Before that, he was working in Shepparton as an apprentice carpenter, returning following his time at war to play footy for Lemnos in 1970.

He had previously played with Wunghnu in 1963-64 before joining the Swans in 1965.

But his playing days were over after breaking his jaw in 1970, the year Lemnos defeated Kyabram in the Goulburn Valley League grand final.

A specialist doctor travelling to Tocumwal to see patients stopped at Mooroopna and District Base Hospital on the way and upon seeing James’ X-rays and told him he would have to take a break from contact sport.

‘‘He went through the X-ray and saw my X-ray and he drove around to my place, I was out the back getting ready to mow the lawn, and he said ‘you’ve got to come with me’ and I had my teeth wired up and was in a bit of pain, but that was it,’’ James said.

‘‘I was fond of being fit, so I became involved with the local umpires.’’
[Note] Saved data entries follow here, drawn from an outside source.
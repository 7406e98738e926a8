-- ===== src/Fiber/Tests.antt =====
-- Fibers of a small world.
use blackrock.Stripe.Objects.{current_subscription}
use blackrock.Mail.{recipient, send_to}
use blackrock.Action.{World}
use blackrock.Fiber.Races.{webhook_twice, add_card_twice}
use blackrock.Webhook.{config_of, demote, Mod, apply_mod, is_stale, invoice_changes}
use blackrock.Prelude.{none, arith, ℕ, suc, true, ◌≡◌, refl, some, List, [], ◌∷◌, ◌++◌, map}
use blackrock.Text.{Text, codes, is_truthy, text_eq}
use blackrock.Users.{free, find_by_customer, has_customer, customer_id, set_customer, update_user}
use blackrock.Stripe.{
  Failure, Result, ok, Customer, Request, create_customer, payment_failed, Services,
}
use blackrock.System.{Operation, stripe_webhook, add_card, buy_plan, accounts_of}
use blackrock.Fiber.{interleave, are_done}
use blackrock.Fiber.Methods.{spawn}
use blackrock.Fiber.Fits.{Fits}
use blackrock.Fiber.OwnedAll.{interleave_owned}
use blackrock.Demo.{event, ann, bob, world, invoice, subscriber, demo, mailchimp}

-- A Stripe that names a customer after the user it is made for.
abbrev customer_for : Text → Customer
customer_for user_id = record subscriber { id = codes "cus_" ++ user_id }

abbrev make_customer : Request → ℕ → Result Customer × ℕ
make_customer (create_customer token email (some user_id)) s = (ok (customer_for user_id), suc s)
make_customer _ s = (ok subscriber, suc s)

abbrev v : Services ℕ
v = record (demo (payment_failed invoice) subscriber) { request_customer = make_customer }

abbrev no_message : Failure → Text
no_message _ = []

abbrev bob_id : Text
bob_id = codes "bob"

abbrev email : Text
email = codes "bob@example.org"

-- Bob adds a card and buys a plan, and Stripe reports a payment of Ann's that failed.
abbrev operations : List Operation
operations =
    add_card (some bob_id) (codes "tok_1") email
    ∷ buy_plan (some bob_id) (codes "tok_2") email (codes "standard")
    ∷ stripe_webhook (codes "evt")
    ∷ []

abbrev Owns : Text → Text → Type 0
Owns user_id customer = customer ≡ codes "cus_" ++ user_id

v_names :
    (token email user_id : Text) (s : ℕ) (c : Customer)
    → (v.request_customer (create_customer token email (some user_id)) s).0 ≡ ok c
    → (is_truthy c.id ≡ true) × Owns user_id c.id
v_names token email user_id s c e =
    let same : c.id ≡ codes "cus_" ++ user_id = ground arith in (rw same refl, same)

interleave_owned_example : Fits Owns (accounts_of world.users) (
    accounts_of
      (interleave
        (0 ∷ 1 ∷ 0 ∷ 1 ∷ 2 ∷ 1 ∷ 0 ∷ 1 ∷ [])
        (map (spawn v (mailchimp 50) no_message) operations)
        world).1.users)
interleave_owned_example =
    interleave_owned v (mailchimp 50) no_message Owns v_names operations
      (0 ∷ 1 ∷ 0 ∷ 1 ∷ 2 ∷ 1 ∷ 0 ∷ 1 ∷ []) world

-- A Stripe that numbers its customers.
abbrev numbering : Services ℕ
numbering = record v {
  request_customer = λ _ s. (ok (record subscriber { id = codes "cus_" ++ (s ∷ []) }), suc s);
}

add_card_twice_example :
    (let fibers = map (spawn numbering (mailchimp 50) no_message) (
        add_card (some bob_id) (codes "tok_1") email
        ∷ add_card (some bob_id) (codes "tok_2") email
        ∷ []) in
      let (left, w') = interleave (0 ∷ 1 ∷ 0 ∷ 1 ∷ 0 ∷ 1 ∷ []) fibers world in
      (are_done left ≡ true)
      × (w'.requests
          ≡ create_customer (codes "tok_2") email (some bob_id)
            ∷ create_customer (codes "tok_1") email (some bob_id)
            ∷ [])
      × (w'.users ≡ update_user bob_id (set_customer (codes "cus_" ++ 1 ∷ [])) world.users)
      × (find_by_customer (codes "cus_" ++ 0 ∷ []) w'.users ≡ none))
unfolding customer_id has_customer text_eq
add_card_twice_example =
    add_card_twice numbering (mailchimp 50) no_message bob_id (codes "tok_1") (codes "tok_2") email
      bob (record subscriber { id = codes "cus_" ++ (0 ∷ []) })
      (record subscriber { id = codes "cus_" ++ (1 ∷ []) }) world refl refl refl refl refl refl

abbrev demoted : Mod
demoted = record { last_invoice_time = 60; plan = some free }

-- The world after the handling of the event has been requested once.
abbrev handled : World ℕ → World ℕ
handled w = (invoice_changes v 60 true invoice ann w).1

webhook_twice_example :
    (let hook = stripe_webhook (codes "evt") in
      let fibers = map (spawn v (mailchimp 50) no_message) (hook ∷ hook ∷ []) in
      let (left, w') = interleave (0 ∷ 1 ∷ 0 ∷ 1 ∷ 0 ∷ 1 ∷ 0 ∷ 1 ∷ []) fibers world in
      (are_done left ≡ true)
      × (w'.requests ≡ (handled (handled world)).requests)
      × (w'.users
          ≡ update_user
              (codes "ann")
              (apply_mod demoted)
              (update_user (codes "ann") (apply_mod demoted) world.users)))
unfolding has_customer text_eq is_stale invoice_changes demote config_of send_to recipient
    current_subscription
webhook_twice_example =
    webhook_twice v (mailchimp 50) no_message (codes "evt") (event 60 (payment_failed invoice))
      invoice ann demoted demoted world (handled world) (handled (handled world)) refl refl refl
      refl refl refl
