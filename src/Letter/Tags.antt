-- ===== src/Letter/Tags.antt =====
-- HTML without its tags.
use blackrock.Prelude.{
  inr, inl, Bool-cases, ℕ, ◌/◌, ◌%◌, zero, suc, ◌≡◌, refl, ap, ◌∙◌, Bool, true, false, not, ◌||◌,
  ◌==◌, List, [], ◌∷◌, ◌++◌, if◌then◌else◌, ltb, arith, All, All-append,
}
use blackrock.Prelude.Int.{ℤ, pos, negsuc}
use blackrock.Text.{Text, codes}
use blackrock.Text.Decimal.{digit, emit, decimal}
use blackrock.Money.{two_digits, dollars_and_cents, render_price}
use blackrock.Letter.{price_style, concat}

-- Is a text behind this character inside a tag?
abbrev is_inside : Bool → ℕ → Bool
is_inside inside c = if inside then not (c == b'>') else c == b'<'

-- What stands outside of the tags.
unfoldable pub untagged : Bool → Text → Text
untagged inside [] = []
untagged inside (c ∷ s) =
    let rest = untagged (is_inside inside c) s in if inside || c == b'<' then rest else c ∷ rest

-- A text without a tag in it, and one that does not end a tag.
abbrev pub IsPlain : Text → Type 0
IsPlain s = All (λ c. (c == b'<') ≡ false) s

abbrev pub IsAttribute : Text → Type 0
IsAttribute s = All (λ c. (c == b'>') ≡ false) s

-- Is a text inside a tag at the end of this one?
abbrev pub state : Bool → Text → Bool
state inside [] = inside
state inside (c ∷ s) = state (is_inside inside c) s

pub untagged-append :
    (inside : Bool) (s t : Text)
    → untagged inside (s ++ t) ≡ untagged inside s ++ untagged (state inside s) t
unfolding untagged
untagged-append inside [] t = refl
untagged-append inside (c ∷ s) t = elim (Bool-cases (inside || c == b'<')) [
  | inl within ↦ rw within (untagged-append (is_inside inside c) s t)
  | inr outside ↦ rw outside (ap (λ r. c ∷ r) (untagged-append (is_inside inside c) s t))
]

pub state-append : (inside : Bool) (s t : Text) → state inside (s ++ t) ≡ state (state inside s) t
state-append inside [] t = refl
state-append inside (c ∷ s) t = state-append (is_inside inside c) s t

-- What pieces of HTML show, piece by piece; a link and a cell's style take three pieces.
pub data Shows : List Text → List Text → Type 0 where
  end : Shows [] []
  piece :
      {x y : Text} {xs ys : List Text}
      → untagged false x ≡ y
      → state false x ≡ false
      → Shows xs ys
      → Shows (x ∷ xs) (y ∷ ys)
  link :
      {url : Text} {xs ys : List Text}
      → IsAttribute url
      → Shows xs ys
      → Shows (codes "  <a href=\"" ∷ url ∷ codes "\">" ∷ xs) (codes "  " ∷ ys)
  bold_cell :
      {xs ys : List Text}
      → Shows xs ys
      → Shows (codes "</b></td><td style=\"" ∷ price_style ∷ codes "\">" ∷ xs) ys
  cell :
      {xs ys : List Text}
      → Shows xs ys
      → Shows (codes "</td><td style=\"" ∷ price_style ∷ codes "\">" ∷ xs) ys

pub untagged_nil : untagged false [] ≡ []
unfolding untagged
untagged_nil = refl

pub untagged_attribute :
    (s t : Text)
    → IsAttribute s
    → (untagged true (s ++ t) ≡ untagged true t) × (state true (s ++ t) ≡ state true t)
unfolding untagged
untagged_attribute [] t h = (refl, refl)
untagged_attribute (c ∷ s) t (p, h) =
    let (same, out) = untagged_attribute s t h in (rw p same, rw (state, p) out)

pub untagged_plain : (s : Text) → IsPlain s → (untagged false s ≡ s) × (state false s ≡ false)
unfolding untagged
untagged_plain [] h = (refl, refl)
untagged_plain (c ∷ s) (p, h) =
    let (same, out) = untagged_plain s h in (rw p (ap (λ r. c ∷ r) same), rw p out)

pub untagged-Shows :
    {xs ys : List Text}
    → Shows xs ys
    → (untagged false (concat xs) ≡ concat ys) × (state false (concat xs) ≡ false)
unfolding untagged
untagged-Shows end = (refl, refl)
untagged-Shows (piece {x} {y} {xs} {ys} shown out rest) =
    let (same, out') = untagged-Shows rest in
    (
      untagged-append false x (concat xs) ∙ rw (shown, out, same) refl,
      state-append false x (concat xs) ∙ rw out out',
    )
untagged-Shows (link {url} {xs} {ys} fine rest) =
    let (same, out') = untagged-Shows rest in
    let (skipped, out) = untagged_attribute url (codes "\">" ++ concat xs) fine in
    (ap (λ r. codes "  " ++ r) (skipped ∙ same), out ∙ out')
untagged-Shows (bold_cell rest) = untagged-Shows rest
untagged-Shows (cell rest) = untagged-Shows rest

emit-IsPlain : (f n : ℕ) (out : Text) → IsPlain out → IsPlain (emit f n out)
unfolding emit
emit-IsPlain zero n out h = h
emit-IsPlain (suc f) n out h =
    let fine : (digit n == b'<') ≡ false = ground arith in
    elim (Bool-cases (ltb n 10)) [
      | inl small ↦ rw small (fine, h)
      | inr large ↦ rw large (emit-IsPlain f (n / 10) (digit n ∷ out) (fine, h))
    ]

decimal-IsPlain : (n : ℕ) → IsPlain (decimal n)
unfolding decimal
decimal-IsPlain n = emit-IsPlain (suc n) n [] tt

two_digits-IsPlain : (n : ℕ) → IsPlain (two_digits n)
unfolding two_digits
two_digits-IsPlain n = elim (Bool-cases (ltb n 10)) [
  | inl small ↦ rw small (refl, decimal-IsPlain n)
  | inr large ↦ rw large (decimal-IsPlain n)
]

dollars_and_cents-IsPlain : (n : ℕ) → IsPlain (dollars_and_cents n)
unfolding dollars_and_cents
dollars_and_cents-IsPlain n =
    All-append (λ c. (c == b'<') ≡ false) (decimal (n / 100)) (b'.' ∷ two_digits (n % 100))
      (decimal-IsPlain (n / 100)) (refl, two_digits-IsPlain (n % 100))

pub render_price-IsPlain : (price : ℤ) → IsPlain (render_price price)
unfolding render_price
render_price-IsPlain (pos n) = (
  refl,
  (
    refl,
    All-append (λ c. (c == b'<') ≡ false) (dollars_and_cents n) (codes " ")
        (dollars_and_cents-IsPlain n) (refl, tt),
  ),
)
render_price-IsPlain (negsuc n) = (
  refl,
  (
    refl,
    All-append (λ c. (c == b'<') ≡ false) (dollars_and_cents (suc n)) (codes ")")
        (dollars_and_cents-IsPlain (suc n)) (refl, tt),
  ),
)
His first senior game came in unusual circumstances, dragged from a reserves match to step up and umpire in the Goulburn Valley League seniors.

‘‘I was umpiring a game between Shepparton and Euroa in the seconds, with the initiation into umpiring I was doing all the B-grade and C-grade games,’’ James said.

‘‘I was actually on the ground and Col McNamara, the president of Shepp, was running out onto the ground and I was thinking ‘what’s he bloody doing?’ and he said ‘you’ve got to come, you’ve got to go down to Lemnos and umpire the senior game over there’.’’

The umpire assigned to the game from Melbourne was involved in accident on the way to the match, leaving James with a chaotic initiation into the top grade.

But with James stepping up to umpire his old club, he had an ally in club president Bill Hunter.

‘‘He kicked up the biggest fuss and said if they (players) gave me any trouble (he’d deal with them), otherwise the game wouldn’t have gone ahead,’’James said.

The game was decided on the last kick of the match, with a Kyabram player sending the ball out of bounds on the full.

By 1973, James was on the senior list of umpires, being sent to country leagues across the state to officiate grand finals, including in the Goulburn Valley.

That would be the beginning of his career as the only indigenous umpire the VFL/AFL has still ever had in its top ranks.

After umpiring his second VFL grand final in 1984, James was named Victorian Aborigine of the Year, and an Order of Australia Medal followed in 1987.

His distinguished honours stemmed from a start in commission housing in Shepparton and Mooroopna.

As one of 14 children, he remembers those times fondly, socialising with plenty of friendly people in the community.

They would all pack into the television room to watch gangster show The Untouchables, having to put a couple of bob in the coin-operated television to keep it running.

But the experiences there would set him up for his post-umpiring career, still being stopped in the streets of Melbourne where he lives.

‘‘I stop and have a chat and the grandkids say ‘keep walking Grandpa’, they’d be circling like a shark (but) I pretty much talk to everybody — that’s what Mum and Dad taught,’’ James said.